Nice bit of advice, that, thanks. Can I also add that you can finish off the job by warming the frayed ends gently with a cigarette lighter or a match. The nylon melts a little and seals all the nasty frayed bits. Lovely job :thumbup:!

*Disclaimer*

_The author of this tip takes no responsibility for the sudden and unexplained combustion of members' natos. May contain nuts. Etc._


----------



## AbingtonLad

squareleg said:


> Nice bit of advice, that, thanks. Can I also add that you can finish off the job by warming the frayed ends gently with a cigarette lighter or a match. The nylon melts a little and seals all the nasty frayed bits. Lovely job :thumbup:!
> 
> *Disclaimer*
> 
> _The author of this tip takes no responsibility for the sudden and unexplained combustion of members' natos. May contain nuts. Etc._


Ah, the joy of the hot knife is that it cuts and seals in a single action, while minimising the risk of spontaneous combustion.

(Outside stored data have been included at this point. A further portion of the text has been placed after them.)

-- ===== src/Mm/Elf/Found.antt =====
-- What the loops over the program headers and the dynamic section find.
use theory_os.Base.{
  ℕ, zero, suc, ◌+◌, ◌*◌, ◌/◌, ◌≤◌, ◌<◌, ◌≡◌, ◌≢◌, ◌⊎◌, refl, sym, ap, ◌∙◌, arith, Option, none,
  some, List, ltb, leb, ◌==◌, length, min, Bool-cases, inl, inr,
}
use theory_os.Mm.Elf.{
  Elf64Ehdr, Elf64Phdr, Parsed, ParseError, ok, err, outside, invalid, phdr_at, pt_load, pt_dynamic,
  u64_max, wrap, word_at,
}
use theory_os.Mm.Elf.Segments.{
  min_loop, min_load_vaddr, first_of, DynamicInfo, with_tag, no_info, dynamic_loop, dynamic_of,
  some_info, parse_dynamic,
}

-- A round of the loop, given what the rounds behind it do.
dynamic_round :
    (bytes : List ℕ) (load_bias end fuel off : ℕ) (info : DynamicInfo)
    → (off + 16 ≤ length bytes
        → dynamic_loop bytes load_bias end fuel
            (off + 16)
            (with_tag load_bias (word_at bytes off 8) (word_at bytes (off + 8) 8) info)
          ≢ none)
    → dynamic_loop bytes load_bias end (suc fuel) off info ≢ none
unfolding dynamic_loop
dynamic_round bytes load_bias end fuel off info next =
    elim (Bool-cases (leb (wrap (off + 16)) end)) [
      | inr stop ↦ rw stop (λ e. absurd (cc))
      | inl go ↦ elim (Bool-cases (ltb (length bytes) (off + 16))) [
        | inl out ↦ rw (go, out) (λ e. absurd (cc))
        | inr inside ↦ elim (Bool-cases (word_at bytes off 8 == 0)) [
          | inl last ↦ rw (go, inside, last) (λ e. absurd (cc))
          | inr more ↦ rw (go, inside, more) (next (ground (arith, inside)))
        ]
      ]
    ]

-- The loop ends within the fuel.
dynamic_loop-some :
    (bytes : List ℕ) (load_bias end fuel off : ℕ) (info : DynamicInfo)
    → length bytes < off + 16 * suc fuel
    → dynamic_loop bytes load_bias end (suc fuel) off info ≢ none
dynamic_loop-some bytes load_bias end zero off info h =
    dynamic_round bytes load_bias end zero off info (λ inside. absurd (omega (arith, h)))
dynamic_loop-some bytes load_bias end (suc fuel) off info h =
    dynamic_round bytes load_bias end (suc fuel) off info (λ inside.
      dynamic_loop-some bytes load_bias end fuel (off + 16)
        (with_tag load_bias (word_at bytes off 8) (word_at bytes (off + 8) 8) info)
        (omega (arith, h)))

some_info-some : (r : Option (Parsed DynamicInfo)) → r ≢ none → some_info r ≢ none
some_info-some none h e = h refl
some_info-some (some r) h e = absurd (cc)

dynamic_of-some :
    (bytes : List ℕ) (load_bias : ℕ) (ph : Elf64Phdr) → dynamic_of bytes load_bias ph ≢ none
dynamic_of-some bytes load_bias ph =
    elim (Bool-cases (ltb (length bytes) (wrap (ph.p_offset + ph.p_filesz)))) [
      | inl bad ↦ rw bad (λ e. absurd (cc))
      | inr good ↦ rw good (
          dynamic_loop-some bytes load_bias (wrap (ph.p_offset + ph.p_filesz)) (length bytes / 16)
            ph.p_offset no_info (omega arith))
    ]

-- The answer of a search for a header.
Parsed-cases :
    {A : Type 0} (r : Parsed A)
    → (r ≡ outside) ⊎ (((e : ParseError) × (r ≡ err e)) ⊎ ((a : A) × (r ≡ ok a)))
Parsed-cases outside = inl refl
Parsed-cases (err e) = inr (inl (e, refl))
Parsed-cases (ok a) = inr (inr (a, refl))

-- For every file and header the loop over the dynamic section ends.
pub parse_dynamic-some :
    (bytes : List ℕ) (hdr : Elf64Ehdr) (load_bias : ℕ) → parse_dynamic bytes hdr load_bias ≢ none
unfolding parse_dynamic
parse_dynamic-some bytes hdr load_bias =
    elim (Parsed-cases (first_of bytes hdr pt_dynamic hdr.e_phnum 0)) [
      | inl bad ↦ rw (bad, parse_dynamic) (λ e. absurd (cc))
      | inr (inl (e, bad)) ↦ rw (bad, parse_dynamic) (λ z. absurd (cc))
      | inr (inr (none, found)) ↦ rw (found, parse_dynamic) (λ z. absurd (cc))
      | inr (inr (some ph, found)) ↦
          rw (found, parse_dynamic)
            (some_info-some (dynamic_of bytes load_bias ph) (dynamic_of-some bytes load_bias ph))
    ]

-- A loaded segment among the headers from `i` on, up to `n`.
abbrev IsLoaded : List ℕ → Elf64Ehdr → ℕ → Elf64Phdr → Type 0
IsLoaded bytes hdr j ph = (phdr_at bytes hdr j ≡ ok ph) × (ph.p_type ≡ pt_load)

le-cases : (i j : ℕ) → i ≤ j → (i ≡ j) ⊎ (i + 1 ≤ j)
le-cases i j h = elim (Bool-cases (ltb i j)) [
  | inl less ↦ inr (ground (arith, less))
  | inr same ↦ inl (ground (arith, same))
]

same_header :
    (bytes : List ℕ) (hdr : Elf64Ehdr) (i j : ℕ) (a b : Elf64Phdr)
    → i ≡ j
    → phdr_at bytes hdr i ≡ ok a
    → phdr_at bytes hdr j ≡ ok b
    → a ≡ b
same_header bytes hdr i j a b e x y =
    let both : ok a ≡ ok b = sym x ∙ (ap (phdr_at bytes hdr) e ∙ y) in cc

min_loop_lem :
    (bytes : List ℕ) (hdr : Elf64Ehdr) (n i acc least : ℕ)
    → min_loop bytes hdr n i acc ≡ ok least
    → (least ≤ acc)
      × ((j : ℕ) (ph : Elf64Phdr)
          → i ≤ j
          → j < i + n
          → IsLoaded bytes hdr j ph
          → least ≤ ph.p_vaddr)
      × ((least ≡ acc)
          ⊎ ((j : ℕ) × (ph : Elf64Phdr) × (i ≤ j)
              × (j < i + n)
              × IsLoaded bytes hdr j ph
              × (ph.p_vaddr ≡ least)))
unfolding min_loop
min_loop_lem bytes hdr zero i acc least h =
    let it : acc ≡ least = cc in
    (omega (arith, it), (λ j ph lo hi x. absurd (omega arith)), inl (sym it))
min_loop_lem bytes hdr (suc n) i acc least h = elim (Parsed-cases (phdr_at bytes hdr i)) [
  | inl bad ↦ let whole : ◌≡◌ {A = Parsed ℕ} outside (ok least) = rw bad at h in absurd (cc)
  | inr (inl (e, bad)) ↦
      let whole : ◌≡◌ {A = Parsed ℕ} (err e) (ok least) = rw bad at h in absurd (cc)
  | inr (inr (ph, here)) ↦ elim (Bool-cases (ph.p_type == pt_load)) [
    | inr other ↦
        let h' : min_loop bytes hdr n (i + 1) acc ≡ ok least = rw (here, other) at h in
        let (below, each, found) = min_loop_lem bytes hdr n (i + 1) acc least h' in
        (
          below,
          (λ j p lo hi (at, load). elim (le-cases i j lo) [
            | inl e ↦ absurd (
                ground (
                  arith,
                  other,
                  load,
                  ap (λ x. x.p_type) (same_header bytes hdr i j ph p e here at),
                ))
            | inr above ↦ each j p above (omega arith) (at, load)
          ]),
          elim found [
            | inl same ↦ inl same
            | inr (j, p, lo, hi, x, v) ↦ inr (j, p, omega (arith, lo), omega (arith, hi), x, v)
          ],
        )
    | inl load ↦
        let h' : min_loop bytes hdr n (i + 1) (min acc ph.p_vaddr) ≡ ok least =
          rw (here, load) at h in
        let (below, each, found) = min_loop_lem bytes hdr n (i + 1) (min acc ph.p_vaddr) least h' in
        (
          omega (arith, below),
          (λ j p lo hi (at, isl). elim (le-cases i j lo) [
            | inl e ↦
                omega (arith, below, ap (λ x. x.p_vaddr) (same_header bytes hdr i j ph p e here at))
            | inr above ↦ each j p above (omega arith) (at, isl)
          ]),
          elim found [
            | inl same ↦ elim (Bool-cases (ltb ph.p_vaddr acc)) [
              | inl less ↦ inr (
                i,
                ph,
                omega arith,
                omega arith,
                (here, ground (arith, load)),
                ground (arith, less, same),
              )
              | inr more ↦ inl (ground (arith, more, same))
            ]
            | inr (j, p, lo, hi, x, v) ↦ inr (j, p, omega (arith, lo), omega (arith, hi), x, v)
          ],
        )
  ]
]

-- Where `min_load_vaddr` gives an address, it is at most the address of every loaded segment and
-- is that of one.
pub min_load_vaddr_lem :
    (bytes : List ℕ) (hdr : Elf64Ehdr) (least : ℕ)
    → min_load_vaddr bytes hdr ≡ ok least
    → ((i : ℕ) (ph : Elf64Phdr)
        → i < hdr.e_phnum
        → phdr_at bytes hdr i ≡ ok ph
        → ph.p_type ≡ pt_load
        → least ≤ ph.p_vaddr)
      × ((i : ℕ) × (ph : Elf64Phdr) × (i < hdr.e_phnum)
          × (phdr_at bytes hdr i ≡ ok ph)
          × (ph.p_type ≡ pt_load)
          × (ph.p_vaddr ≡ least))
unfolding min_load_vaddr
min_load_vaddr_lem bytes hdr least h =
    elim (Parsed-cases (min_loop bytes hdr hdr.e_phnum 0 u64_max)) [
      | inl bad ↦
          let whole : ◌≡◌ {A = Parsed ℕ} outside (ok least) = rw (bad, min_load_vaddr) at h in
          absurd (cc)
      | inr (inl (e, bad)) ↦
          let whole : ◌≡◌ {A = Parsed ℕ} (err e) (ok least) = rw (bad, min_load_vaddr) at h in
          absurd (cc)
      | inr (inr (m, found)) ↦ elim (Bool-cases (m == u64_max)) [
        | inl most ↦
            let whole : ◌≡◌ {A = Parsed ℕ} (err invalid) (ok least) =
              rw (found, most, min_load_vaddr) at h in
            absurd (cc)
        | inr less ↦
            let whole : ok m ≡ ok least = rw (found, less, min_load_vaddr) at h in
            let it : m ≡ least = cc in
            let (_, each, at) = min_loop_lem bytes hdr hdr.e_phnum 0 u64_max m found in
            (
              λ i ph lt x load. omega (arith, it, each i ph (omega arith) (omega arith) (x, load)),
              elim at [
                | inl none_ ↦ absurd (ground (arith, less, none_))
                | inr (j, ph, _, lt, (x, load), v) ↦ (j, ph, omega (arith, lt), x, load, v ∙ it)
              ],
            )
      ]
    ]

Starting to sound like a crappy Christmas advert for some pointless kitchen implement. Sorry.


----------



## pg tips

great idea using coins as templates

talking of fire risk I read in the paper the other day of a guy who decided to clear away the cobwebs under the eves of his house by using a blowtorch and promptly burnt his house down! Be careful out there!


----------



## AbingtonLad

pg tips said:


> great idea using coins as templates
> 
> talking of fire risk I read in the paper the other day of a guy who decided to clear away the cobwebs under the eves of his house by using a blowtorch and promptly burnt his house down! Be careful out there!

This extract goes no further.